TASK DESCRIPTION:
All that should come back is the lines of the data below from the one containing "peer_completed ∷ [])))" to the one containing "(looped plain_dtls (answered_by", inclusive, exactly as they stand.

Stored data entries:
==========

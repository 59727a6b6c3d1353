-- ===== src/Peer/Tests.antt =====
-- Two peer connections to try src/peer_connection.c on.
use libpeer.Base.{
  ℕ, ◌+◌, ◌%◌, ◌-◌, ◌≡◌, refl, true, false, some, List, [], ◌∷◌, ◌++◌, length, replicate, arith,
}
use libpeer.Agent.Receive.{recv_datagram, recv_timeout}
use libpeer.Agent.Tests.{endpoint, blank, stack, caller}
use libpeer.Rtp.Encoder.{RtpEncoder, encode_generic}
use libpeer.Rtp.Decoder.{decode_generic}
use libpeer.Sctp.Tests.{idle_end}
use libpeer.Peer.State.{peer_closed, peer_completed, channel_none, PeerConnection, Dtls, Inputs}
use libpeer.Peer.Feedback.{peer_connection_incoming_rtcp}
use libpeer.Rtcp.{rtcp_get_pli, rtcp_get_fir}
use libpeer.Peer.Compound.{
  compound, Requests, nothing, other_type, peer_connection_incoming_rtcp-compound,
  peer_connection_incoming_rtcp_feedback,
}
use libpeer.Peer.Media.{next_front}

-- A receiver report and a PLI.
abbrev report : List ℕ
report = 0x80 ∷ 201 ∷ 0 ∷ 1 ∷ replicate 4 9

abbrev loss : List ℕ
loss = 0x81 ∷ 206 ∷ 0 ∷ 2 ∷ replicate 8 9

peer_connection_incoming_rtcp-compound_example :
    peer_connection_incoming_rtcp true
      (compound (report ∷ loss ∷ []) ++ (7 ∷ []))
      (length (compound (report ∷ loss ∷ [])))
    ≡ some 1
peer_connection_incoming_rtcp-compound_example =
    peer_connection_incoming_rtcp-compound (report ∷ loss ∷ []) 1 (7 ∷ []) (
      other_type 0x80 201 0 1 (replicate 4 9) (λ e. absurd (omega (arith, e))) refl
        (Requests.pli 4 0 2 (replicate 8 9) refl nothing))

peer_connection_incoming_rtcp_feedback_example :
    (pli fir : List ℕ) × (rtcp_get_pli 12 0x01020304 ≡ some pli)
    × (rtcp_get_fir 20 255 ≡ some (fir, (255 + 1) % 256))
    × (peer_connection_incoming_rtcp true (pli ++ (fir ++ (7 ∷ []))) 32 ≡ some 2)
peer_connection_incoming_rtcp_feedback_example =
    peer_connection_incoming_rtcp_feedback 0x01020304 255 (7 ∷ []) (omega arith)

abbrev pub opus : RtpEncoder
opus = record {
  type = 111;
  encode_func = encode_generic;
  seq_number = 65535;
  ssrc = 6;
  timestamp = 0xffffffff;
  timestamp_increment = 960;
}

-- A new connection, which the caller of the agents' tests belongs to.
abbrev pub created : PeerConnection
created = record {
  state = peer_closed;
  onstate = true;
  on_request_keyframe = true;
  datachannel = channel_none;
  agent = caller;
  sctp = idle_end;
  artp_encoder = opus;
  vrtp_encoder = opus;
  artp_decoder = decode_generic;
  vrtp_decoder = decode_generic;
  statics = record {
    nalu = [];
    av1 = record {
      reorder = record { slots = replicate 4 []; expect = 0; started = false };
      depay = record {
        tu = [];
        obu = [];
        obu_open = false;
        next_seq = 0;
        have_seq = false;
        dropping = false;
        started = false;
      };
    };
  };
  remote_assrc = 6;
  remote_vssrc = 2;
  consent_request_time = 0;
}

-- Decryption that takes a tag of ten bytes away.
abbrev pub plain_dtls : Dtls
plain_dtls = record {
  handshake = λ agent. (true, agent);
  read = λ bytes. [];
  decrypt_rtp = λ mem n. (true, mem, n - 10);
  decrypt_rtcp = λ mem n. (mem, n - 10);
}

abbrev pub at_twenty : Inputs
at_twenty = record {
  received = recv_timeout;
  locals = stack;
  msg = blank;
  tie_breaker = replicate 8 5;
  checked_at = 20;
  asked_at = 20;
  stun_at = 20;
  arrived_at = 20;
  ended_at = 20000;
}

abbrev pub completed : PeerConnection
completed = record created { state = peer_completed }

abbrev opus_frame : List ℕ
opus_frame = 0xfc ∷ 0xff ∷ 0xfe ∷ []

abbrev protected_frame : List ℕ
protected_frame = (next_front opus ++ opus_frame) ++ replicate 10 77

abbrev at_arrival : Inputs
at_arrival = record at_twenty { received = recv_datagram endpoint protected_frame; ended_at = 21 }
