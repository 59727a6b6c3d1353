-- ===== src/Peer/RunsTests.antt =====
-- A connection on its way from peer_connection_create to COMPLETED (src/peer_connection.c).
use libpeer.Base.{◌≡◌, refl, true, some, [], ◌∷◌, ◌++◌, take, replicate, arith}
use libpeer.Agent.State.{Agent, IceCandidatePair, frozen}
use libpeer.Agent.Receive.{recv_datagram, agent_recv}
use libpeer.Agent.Completes.{connected, agent_recv_handshake}
use libpeer.Agent.Pairs.{
  agent_select_candidate_pair, agent_update_candidate_pairs, add_locals, select_loop, visit, choose,
}
use libpeer.Agent.Check.{agent_connectivity_check, is_inprogress, is_succeeded}
use libpeer.Agent.Tests.{
  endpoint, endpoint6, blank, stack, stack-IsLocals, pair, caller, callee, code, short_name,
}
use libpeer.Stun.Message.{StunMessage}
use libpeer.Stun.Write.{c_string}
use libpeer.Rtp.Encoder.{codec_opus, codec_none, rtp_encoder_init}
use libpeer.Rtp.Dispatch.{Statics}
use libpeer.Rtp.Decoder.{DecodeFunc, decode_generic, rtp_decoder_init}
use libpeer.Peer.State.{
  peer_checking, peer_connected, peer_completed, channel_none, PeerConnection, notified, Inputs,
  state_number, state_changed,
}
use libpeer.Peer.Loop.{
  peer_connection_loop, loop_in, loop_checking, loop_connected, begin_checking, is_zero,
  has_channel,
}
use libpeer.Peer.History.{notices}
use libpeer.Peer.Calls.{Run, watched, looped, checked}
use libpeer.Peer.Runs.{EndsWith, peer_connection_completed}
use libpeer.Peer.Create.{
  PeerConfiguration, zero_sctp, zero_encoder, peer_connection_create,
  peer_connection_oniceconnectionstatechange,
}
use libpeer.Peer.Tests.{opus, created, plain_dtls, at_twenty}

-- The caller after agent_select_candidate_pair, which counts the check.
abbrev counted : IceCandidatePair
counted = record pair { conncheck = 1 }

abbrev picked : Agent
picked = record caller {
  candidate_pairs = counted ∷ record pair { state = frozen; remote = 1 } ∷ [];
}

abbrev answered_by : StunMessage → Inputs
answered_by reply = record at_twenty {
  received = recv_datagram endpoint6 (take reply.size reply.buf);
  stun_at = 10;
}

abbrev opus_only : PeerConfiguration
opus_only = record {
  audio_codec = codec_opus;
  video_codec = codec_none;
  datachannel = channel_none;
  on_request_keyframe = true;
}

abbrev no_statics : Statics
no_statics = created.statics

-- The caller's connection with its callback.
abbrev fresh : PeerConnection
fresh = record created {
  sctp = zero_sctp;
  artp_encoder = record opus { seq_number = 0; timestamp = 0 };
  vrtp_encoder = zero_encoder;
  artp_decoder = decode_generic;
  vrtp_decoder = DecodeFunc.unset;
  remote_assrc = 0;
  remote_vssrc = 0;
  consent_request_time = 0;
}

fresh_lem :
    peer_connection_oniceconnectionstatechange
      (peer_connection_create opus_only caller no_statics)
      true
    ≡ fresh
unfolding peer_connection_oniceconnectionstatechange peer_connection_create rtp_encoder_init
    rtp_decoder_init
fresh_lem = refl

fresh_checking :
    begin_checking fresh
    ≡ some (record fresh { state = peer_checking }, notified peer_checking ∷ [])
unfolding begin_checking agent_update_candidate_pairs add_locals state_changed state_number
fresh_checking = refl

checking_connected :
    (reply : StunMessage)
    → agent_recv
        (λ key. key)
        code
        stack
        10
        picked
        (recv_datagram endpoint6 (take reply.size reply.buf))
        1400
      ≡ some (record { agent = connected picked 10 0 counted; sent = []; ret = some 0 })
    → peer_connection_loop plain_dtls
        (λ key. key)
        code
        (answered_by reply)
        (record fresh { state = peer_checking })
      ≡ some (
        record fresh {
          state = peer_connected;
          agent = record (connected picked 10 0 counted) { selected_pair = some 0 };
        },
        notified peer_connected ∷ [],
      )
unfolding peer_connection_loop loop_in loop_checking agent_select_candidate_pair select_loop visit
    choose agent_connectivity_check is_inprogress is_succeeded is_zero state_changed state_number
checking_connected reply e = rw e refl

connected_completed :
    (agent : Agent)
    → peer_connection_loop plain_dtls
        (λ key. key)
        code
        at_twenty
        (record fresh { state = peer_connected; agent = agent })
      ≡ some (record fresh { state = peer_completed; agent = agent }, notified peer_completed ∷ [])
unfolding peer_connection_loop loop_in loop_connected has_channel state_changed state_number
connected_completed agent = refl

-- The connection is completed with the callee's response.
peer_connection_completed_example :
    EndsWith
      (notices (
        []
        ++ (notified peer_checking ∷ [])
        ++ (notified peer_connected ∷ [])
        ++ (notified peer_completed ∷ [])))
      (peer_checking ∷ peer_connected ∷ peer_completed ∷ [])
unfolding c_string
peer_connection_completed_example =
    let (request, reply, e1, e2, e3) =
      agent_recv_handshake (λ key. key) code (λ key message. refl) picked callee stack stack blank
        (replicate 8 5) 0 1400 10 11 counted endpoint endpoint6 stack-IsLocals stack-IsLocals refl
        refl refl refl short_name short_name (record { four = refl; sixteen = refl })
        (omega arith) in
    let begun : Run (λ key. key) code fresh [] =
      rw (← fresh_lem) (watched true (Run.created opus_only caller no_statics)) in
    peer_connection_completed (λ key. key) code _ _
      (looped plain_dtls at_twenty
        (looped plain_dtls (answered_by reply) (checked begun fresh_checking)
          (checking_connected reply e3))
        (connected_completed _))
      refl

==========

SOLUTION:
        ++ (notified peer_completed ∷ [])))
      (peer_checking ∷ peer_connected ∷ peer_completed ∷ [])
unfolding c_string
peer_connection_completed_example =
    let (request, reply, e1, e2, e3) =
      agent_recv_handshake (λ key. key) code (λ key message. refl) picked callee stack stack blank
        (replicate 8 5) 0 1400 10 11 counted endpoint endpoint6 stack-IsLocals stack-IsLocals refl
        refl refl refl short_name short_name (record { four = refl; sixteen = refl })
        (omega arith) in
    let begun : Run (λ key. key) code fresh [] =
      rw (← fresh_lem) (watched true (Run.created opus_only caller no_statics)) in
    peer_connection_completed (λ key. key) code _ _
      (looped plain_dtls at_twenty
        (looped plain_dtls (answered_by reply) (checked begun fresh_checking)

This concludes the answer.